TASK OBJECTIVE →
Reproduce the records below exactly as they are written.

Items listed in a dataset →
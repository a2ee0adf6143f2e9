-- ===== src/Executor/Samples.antt =====
-- A run of two steps.
use ottoflow.Prelude.{
  ℕ, suc, ◌==◌, if◌then◌else◌, true, false, none, [], ◌∷◌, ◌≡◌, refl, inl, inr, arith, subst,
  String-cases,
}
use ottoflow.Api.Step.{Step}
use ottoflow.Api.Run.{RunPhase, StepPhase, zero_status}
use ottoflow.Dag.{get_ready_steps, all_completed, node_names, find}
use ottoflow.Dag.Samples.{
  same_order, same_order-RangeOk, two_steps, two_workflow, two_dag, two_dag-built,
}
use ottoflow.Executor.{
  Env, Exec, success, value, get_status, statuses, initialize_statuses, run_steps, is_step_done,
  completed_steps, begin, mark_running, iterate, limit_ready, run_ready, run_step, find_step,
  check_match_conditions, launch, start, absorb, settle, conclude, all_done, finish,
  record_workflow_success,
}
use ottoflow.Executor.Ran.{pending_at}
use ottoflow.Executor.Order.{IsOrdered, completed}
use ottoflow.Executor.Loop.{RangesOk, run_steps-IsOrdered, run_steps-Frozen}
use ottoflow.Executor.Count.{IsDistinct}
use ottoflow.Executor.Finish.{IsClean}
use ottoflow.Executor.Ends.{Ended, run_steps-Ended}

abbrev pub quiet : Env ℕ
quiet = record {
  range = λ i names. names;
  evaluate = λ w e. value true;
  now = λ w. w;
  execute = λ s w. (record { outcome = success; message = none; pending_callback = none }, w);
  format_time = λ n. "";
}

pub quiet-RangesOk : RangesOk quiet
quiet-RangesOk i names a = refl

abbrev pub fresh : Exec ℕ
fresh = record {
  status = record {
    phase = RunPhase.pending;
    message = "";
    failure_reason = "";
    start_time = none;
    completion_time = none;
    step_statuses = [];
    pending_callback = none;
    execution = none;
  };
  completion_order = [];
  events = [];
  world = 7;
}

-- The first step succeeded, the second is pending.
abbrev pub halfway : Exec ℕ
halfway = record fresh {
  status = record fresh.status {
    step_statuses = ("fetch", record zero_status { phase = StepPhase.succeeded }) ∷ [];
  };
}

pub halfway-IsOrdered : IsOrdered two_steps (initialize_statuses two_steps (statuses halfway))
unfolding initialize_statuses is_step_done get_status completed_steps
halfway-IsOrdered a b before left = elim (String-cases "fetch" a) [
  | inl (p, t) ↦
      subst (λ z. completed two_steps (initialize_statuses two_steps (statuses halfway)) z ≡ true) p
        refl
  | inr (p, t) ↦ absurd (ground (arith, before, t))
]

halfway-IsClean : IsClean two_steps (initialize_statuses two_steps (statuses halfway))
unfolding initialize_statuses is_step_done get_status completed_steps
halfway-IsClean a h = elim (String-cases "fetch" a) [
  | inl (p, t) ↦ inr (
      subst (λ z. completed two_steps (initialize_statuses two_steps (statuses halfway)) z ≡ true) p
        refl)
  | inr (p, t) ↦ elim (String-cases "report" a) [
    | inl (q, r) ↦
        inl (
          subst (λ z. pending_at z (initialize_statuses two_steps (statuses halfway)) ≡ true) q
            refl)
    | inr (q, r) ↦ absurd (ground (arith, h, t, r))
  ]
]

run_steps-IsOrdered_example :
    IsOrdered two_steps (statuses (run_steps quiet two_workflow two_dag halfway).1)
run_steps-IsOrdered_example =
    run_steps-IsOrdered quiet quiet-RangesOk same_order same_order-RangeOk two_workflow two_dag
      two_dag-built halfway halfway-IsOrdered

pending_at-fetch : pending_at "fetch" (initialize_statuses two_steps (statuses halfway)) ≡ false
unfolding initialize_statuses get_status
pending_at-fetch = refl

-- The world of an environment is a natural number: how many times "fetch" was executed.
abbrev pub counting : Env ℕ
counting = record quiet {
  execute = λ s w. (
    record { outcome = success; message = none; pending_callback = none },
    if s.name == "fetch" then suc w else w,
  );
}

pub counting-RangesOk : RangesOk counting
counting-RangesOk i names a = refl

counting-others :
    (n : ℕ) (s : Step) (w : ℕ) → (s.name == "fetch") ≡ false → w ≡ n → (counting.execute s w).1 ≡ n
counting-others n s w e h = rw (e) h

run_steps-Frozen_example :
    (get_status "fetch" (statuses (run_steps counting two_workflow two_dag halfway).1)
      ≡ get_status "fetch" (initialize_statuses two_steps (statuses halfway)))
    × ((run_steps counting two_workflow two_dag halfway).1.world ≡ halfway.world)
run_steps-Frozen_example =
    run_steps-Frozen counting counting-RangesOk same_order same_order-RangeOk two_workflow two_dag
      two_dag-built halfway "fetch" (λ w. w ≡ halfway.world) (counting-others halfway.world)
      pending_at-fetch refl

two_steps-IsDistinct : IsDistinct two_steps
two_steps-IsDistinct = (refl, (refl, tt))

run_steps-Ended_example : Ended two_steps (run_steps quiet two_workflow two_dag halfway)
run_steps-Ended_example =
    run_steps-Ended quiet quiet-RangesOk same_order same_order-RangeOk two_workflow
      two_steps-IsDistinct two_dag two_dag-built halfway halfway-IsClean

-- The run executes the second step.
pub report-left :
    pending_at "report" (statuses (run_steps quiet two_workflow two_dag halfway).1) ≡ false
unfolding run_steps begin initialize_statuses mark_running iterate completed_steps is_step_done
    get_status limit_ready run_ready run_step find_step check_match_conditions launch start absorb
    settle conclude all_done finish get_ready_steps all_completed node_names find
    record_workflow_success
report-left = refl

RESPONSE TO THE TASK →
repository a2ee0adf6143f2e9
-- ===== src/Executor/Samples.antt =====
-- A run of two steps.
use ottoflow.Prelude.{
  ℕ, suc, ◌==◌, if◌then◌else◌, true, false, none, [], ◌∷◌, ◌≡◌, refl, inl, inr, arith, subst,
  String-cases,
}
use ottoflow.Api.Step.{Step}
use ottoflow.Api.Run.{RunPhase, StepPhase, zero_status}
use ottoflow.Dag.{get_ready_steps, all_completed, node_names, find}
use ottoflow.Dag.Samples.{
  same_order, same_order-RangeOk, two_steps, two_workflow, two_dag, two_dag-built,
}
use ottoflow.Executor.{
  Env, Exec, success, value, get_status, statuses, initialize_statuses, run_steps, is_step_done,
  completed_steps, begin, mark_running, iterate, limit_ready, run_ready, run_step, find_step,
  check_match_conditions, launch, start, absorb, settle, conclude, all_done, finish,
  record_workflow_success,
}
use ottoflow.Executor.Ran.{pending_at}
use ottoflow.Executor.Order.{IsOrdered, completed}
use ottoflow.Executor.Loop.{RangesOk, run_steps-IsOrdered, run_steps-Frozen}
use ottoflow.Executor.Count.{IsDistinct}
use ottoflow.Executor.Finish.{IsClean}
use ottoflow.Executor.Ends.{Ended, run_steps-Ended}

abbrev pub quiet : Env ℕ
quiet = record {
  range = λ i names. names;
  evaluate = λ w e. value true;
  now = λ w. w;
  execute = λ s w. (record { outcome = success; message = none; pending_callback = none }, w);
  format_time = λ n. "";
}

pub quiet-RangesOk : RangesOk quiet
quiet-RangesOk i names a = refl

abbrev pub fresh : Exec ℕ
fresh = record {
  status = record {
    phase = RunPhase.pending;
    message = "";
    failure_reason = "";
    start_time = none;
    completion_time = none;
    step_statuses = [];
    pending_callback = none;
    execution = none;
  };
  completion_order = [];
  events = [];
  world = 7;
}

-- The first step succeeded, the second is pending.
abbrev pub halfway : Exec ℕ
halfway = record fresh {
  status = record fresh.status {
    step_statuses = ("fetch", record zero_status { phase = StepPhase.succeeded }) ∷ [];
  };
}

pub halfway-IsOrdered : IsOrdered two_steps (initialize_statuses two_steps (statuses halfway))
unfolding initialize_statuses is_step_done get_status completed_steps
halfway-IsOrdered a b before left = elim (String-cases "fetch" a) [
  | inl (p, t) ↦
      subst (λ z. completed two_steps (initialize_statuses two_steps (statuses halfway)) z ≡ true) p
        refl
  | inr (p, t) ↦ absurd (ground (arith, before, t))
]

halfway-IsClean : IsClean two_steps (initialize_statuses two_steps (statuses halfway))
unfolding initialize_statuses is_step_done get_status completed_steps
halfway-IsClean a h = elim (String-cases "fetch" a) [
  | inl (p, t) ↦ inr (
      subst (λ z. completed two_steps (initialize_statuses two_steps (statuses halfway)) z ≡ true) p
        refl)
  | inr (p, t) ↦ elim (String-cases "report" a) [
    | inl (q, r) ↦
        inl (
          subst (λ z. pending_at z (initialize_statuses two_steps (statuses halfway)) ≡ true) q
            refl)
    | inr (q, r) ↦ absurd (ground (arith, h, t, r))
  ]
]

run_steps-IsOrdered_example :
    IsOrdered two_steps (statuses (run_steps quiet two_workflow two_dag halfway).1)
run_steps-IsOrdered_example =
    run_steps-IsOrdered quiet quiet-RangesOk same_order same_order-RangeOk two_workflow two_dag
      two_dag-built halfway halfway-IsOrdered

pending_at-fetch : pending_at "fetch" (initialize_statuses two_steps (statuses halfway)) ≡ false
unfolding initialize_statuses get_status
pending_at-fetch = refl

-- The world of an environment is a natural number: how many times "fetch" was executed.
abbrev pub counting : Env ℕ
counting = record quiet {
  execute = λ s w. (
    record { outcome = success; message = none; pending_callback = none },
    if s.name == "fetch" then suc w else w,
  );
}

pub counting-RangesOk : RangesOk counting
counting-RangesOk i names a = refl

counting-others :
    (n : ℕ) (s : Step) (w : ℕ) → (s.name == "fetch") ≡ false → w ≡ n → (counting.execute s w).1 ≡ n
counting-others n s w e h = rw (e) h

run_steps-Frozen_example :
    (get_status "fetch" (statuses (run_steps counting two_workflow two_dag halfway).1)
      ≡ get_status "fetch" (initialize_statuses two_steps (statuses halfway)))
    × ((run_steps counting two_workflow two_dag halfway).1.world ≡ halfway.world)
run_steps-Frozen_example =
    run_steps-Frozen counting counting-RangesOk same_order same_order-RangeOk two_workflow two_dag
      two_dag-built halfway "fetch" (λ w. w ≡ halfway.world) (counting-others halfway.world)
      pending_at-fetch refl

two_steps-IsDistinct : IsDistinct two_steps
two_steps-IsDistinct = (refl, (refl, tt))

run_steps-Ended_example : Ended two_steps (run_steps quiet two_workflow two_dag halfway)
run_steps-Ended_example =
    run_steps-Ended quiet quiet-RangesOk same_order same_order-RangeOk two_workflow
      two_steps-IsDistinct two_dag two_dag-built halfway halfway-IsClean

-- The run executes the second step.
pub report-left :
    pending_at "report" (statuses (run_steps quiet two_workflow two_dag halfway).1) ≡ false
unfolding run_steps begin initialize_statuses mark_running iterate completed_steps is_step_done
    get_status limit_ready run_ready run_step find_step check_match_conditions launch start absorb
    settle conclude all_done finish get_ready_steps all_completed node_names find
    record_workflow_success
report-left = refl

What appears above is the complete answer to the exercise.